Game 3 was very short. Noise faceplanted into a Chum. He couldn’t break the subsequent Enigma’s subroutines and took 3 net damage from the Chum. Flatlined. A typical Jinteki trap.

Chum and Enigma

The Chum is in front of the Enigma, so you need to break both Enigma subroutines to avoid the Chum damage.

Game score 0-10.

Match score 20-13. Noise won.

Things I noticed:

  • The corp action to purge viruses removes ALL viruses on ALL programs, but wastes a whole turn.
  • I am thinking the corp should avoid drawing a card on his last click, as he could end up with an agenda stuck in hand, but then it does get it out of R&D which is a prime target for runners. Not sure about this.

Rules I kept forgetting:

  • None this game (I hope).

Glossary:

Medium

Medium allows you to access more cards from R&D, making it more likely to hit an agenda.
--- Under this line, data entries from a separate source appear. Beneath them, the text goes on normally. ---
-- ===== src/Loop/Progress.antt =====
-- What no call of tx_loop.cpp takes back: the place of the phony task in the queue, and the flags
-- `tx_stop` and `tx_break`.
use libtx.Common.{
  ℕ, ◌≤◌, ◌≡◌, refl, true, false, not, ◌&&◌, Option, none, some, List, [], ◌∷◌, arith, Bool-cases,
  inl, inr,
}
use libtx.Loop.{
  TxLoop, Ref, task, phony, tailer, flags_of, unlink, tx_task_init, tx_task_mark, drop_task,
  tx_task_drop, enqueue, tx_task_active, tx_task_record, wakeup_one, wakeup_each, tx_task_wakeup,
  tx_poll_active, tx_loop_break, tx_loop_stop,
}
use libtx.Loop.Queues.{has, ends_tailer, has-remove, has-insert}
use libtx.Loop.Invariant.{Inv, drop_task-Inv}
use libtx.Loop.Calls.{set_flags-Inv}
use libtx.Loop.Waits.{wakeup_one-Inv}
use libtx.Loop.Phony.{before_phony, before_phony-remove, before_phony-insert}
use libtx.Loop.Steps.{
  Call, init, mark, drop, active, record_in, wakeup, poll, break_off, stop, Calls, no_call,
  then_call, Calls-Inv,
}

pub record Forward (s t : TxLoop) : Type 0 where
  pub present : has phony s.tx_taskq ≡ true → has phony t.tx_taskq ≡ true
  pub nearer : has phony s.tx_taskq ≡ true → before_phony t.tx_taskq ≤ before_phony s.tx_taskq
  pub stopped : s.tx_stop ≡ true → t.tx_stop ≡ true
  pub broken : s.tx_break ≡ true → t.tx_break ≡ true

pub Forward-refl : (s : TxLoop) → Forward s s
Forward-refl s = record {
  present = λ h. h;
  nearer = λ h. omega arith;
  stopped = λ h. h;
  broken = λ h. h;
}

pub Forward-trans : {s t u : TxLoop} → Forward s t → Forward t u → Forward s u
Forward-trans f g = record {
  present = λ h. g.present (f.present h);
  nearer = λ h. omega (arith, f.nearer h, g.nearer (f.present h));
  stopped = λ h. g.stopped (f.stopped h);
  broken = λ h. g.broken (f.broken h);
}

drop_task-Forward : (p : ℕ) (s : TxLoop) → Forward s (drop_task p s)
unfolding drop_task unlink
drop_task-Forward p s = record {
  present = λ h. ground (arith, has-remove (task p) phony s.tx_taskq);
  nearer = λ h. ground (arith, before_phony-remove p s.tx_taskq);
  stopped = λ h. ground arith;
  broken = λ h. ground arith;
}

enqueue-Forward :
    (p reason : ℕ) (s : TxLoop) → ends_tailer s.tx_taskq ≡ true → Forward s (enqueue p reason s)
unfolding enqueue
enqueue-Forward p reason s e = record {
  present = λ h. ground (arith, has-insert (task p) phony s.tx_taskq e);
  nearer = λ h. ground (arith, before_phony-insert p s.tx_taskq e h);
  stopped = λ h. h;
  broken = λ h. h;
}

tx_task_active-Forward :
    (p : Option ℕ) (reason : ℕ) (s : TxLoop) → Inv s → Forward s (tx_task_active p reason s)
unfolding tx_task_active
tx_task_active-Forward none reason s v = Forward-refl s
tx_task_active-Forward (some p) reason s v =
    elim (Bool-cases (not s.tx_stop && not (flags_of s p).busy)) [
      | inl e ↦ rw e (
          Forward-trans (drop_task-Forward p s)
            (enqueue-Forward p reason (drop_task p s) (drop_task-Inv p v).queues.ends))
      | inr e ↦ rw e (Forward-refl s)
    ]

wakeup_one-Forward : (reason : ℕ) (r : Ref) (s : TxLoop) → Inv s → Forward s (wakeup_one reason r s)
unfolding wakeup_one
wakeup_one-Forward reason (task p) s v =
    let w = set_flags-Inv p (record (flags_of s p) { pending = false }) v refl refl in
    let f = tx_task_active-Forward (some p) reason _ w in
    record { present = f.present; nearer = f.nearer; stopped = f.stopped; broken = f.broken }
wakeup_one-Forward reason phony s v = Forward-refl s
wakeup_one-Forward reason tailer s v = Forward-refl s

wakeup_each-Forward :
    (reason : ℕ) (rs : List Ref) (s : TxLoop) → Inv s → Forward s (wakeup_each reason rs s)
unfolding wakeup_each
wakeup_each-Forward reason [] s v = Forward-refl s
wakeup_each-Forward reason (r ∷ rs) s v =
    Forward-trans (wakeup_one-Forward reason r s v)
      (wakeup_each-Forward reason rs (wakeup_one reason r s) (wakeup_one-Inv reason r v))

tx_poll_active-Forward : (p : ℕ) (s : TxLoop) → Inv s → Forward s (tx_poll_active p s)
unfolding tx_poll_active
tx_poll_active-Forward p s v = record {
  present = λ h. ground (arith, has-insert (task p) phony s.tx_taskq v.queues.ends);
  nearer = λ h. ground (arith, before_phony-insert p s.tx_taskq v.queues.ends h);
  stopped = λ h. ground arith;
  broken = λ h. ground arith;
}

-- A change of what `Forward` does not speak of.
same-Forward :
    {s t u : TxLoop}
    → Forward s t
    → u.tx_taskq ≡ t.tx_taskq
    → u.tx_stop ≡ t.tx_stop
    → u.tx_break ≡ t.tx_break
    → Forward s u
same-Forward f q a b = record {
  present = λ h. rw q (f.present h);
  nearer = λ h. rw q (f.nearer h);
  stopped = λ h. rw a (f.stopped h);
  broken = λ h. rw b (f.broken h);
}

Call-Forward : {s t : TxLoop} → Call s t → Inv s → Forward s t
unfolding tx_task_init tx_task_mark tx_task_drop tx_task_record tx_task_wakeup tx_loop_break
    tx_loop_stop
Call-Forward {s} (init p call ctx d) v = same-Forward (Forward-refl s) refl refl refl
Call-Forward {s} (mark p) v = same-Forward (Forward-refl s) refl refl refl
Call-Forward {s} (drop none) v = Forward-refl s
Call-Forward {s} (drop (some p)) v = drop_task-Forward p s
Call-Forward {s} (active p reason) v = tx_task_active-Forward p reason s v
Call-Forward {s} (record_in q p) v = same-Forward (drop_task-Forward p s) refl refl refl
Call-Forward {s} (wakeup q reason) v =
    same-Forward (wakeup_each-Forward reason (s.waitq q) s v) refl refl refl
Call-Forward {s} (poll p) v = tx_poll_active-Forward p s v
Call-Forward {s} break_off v = record {
  present = λ h. h;
  nearer = λ h. omega arith;
  stopped = λ h. h;
  broken = λ h. refl;
}
Call-Forward {s} stop v = record {
  present = λ h. h;
  nearer = λ h. omega arith;
  stopped = λ h. refl;
  broken = λ h. h;
}

pub Calls-Forward : {s t : TxLoop} → Calls s t → Inv s → Forward s t
Calls-Forward {s} no_call v = Forward-refl s
Calls-Forward (then_call cs c) v =
    Forward-trans (Calls-Forward cs v) (Call-Forward c (Calls-Inv cs v))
Medium: A virus program that grows every time you use it, allowing you to access more and more cards from R&D.

Wall of Thorns: A piece of big ICE. Tough, but costly for the corp to rez.

YOG.0: An icebreaker which breaks code gate subroutines for nothing. Its name is a reference to Yog-Sothoth, the Cthulhu Great Old One known as “The Key and the Gate”.

Faceplant: To ‘facecheck’ a piece of ICE is to run against it when it is unrezzed purely to find out what it is. ‘Faceplanting’ is when that ICE turns out to be bad. Facechecking Jinteki ICE is generally a bad idea.

Chum: ICE that does nothing itself, but requires the runner to break all the subroutines on the next piece of ICE or else the runner takes 3 net damage. If you don’t have the right icebreakers to handle the next piece of ICE, you are caught.

Enigma: A fairly standard piece of ICE.

Net Damage: All damage is a loss of cards from the runner’s hand. Damage you take during a run is Net Damage. Damage you take outside a run is usually Meat Damage. Runners have different cards and effects to protect against each type.

Flatlined: Dead. When the line goes flat on an ECG. The runner loses, having taken more damage than they have cards in hand.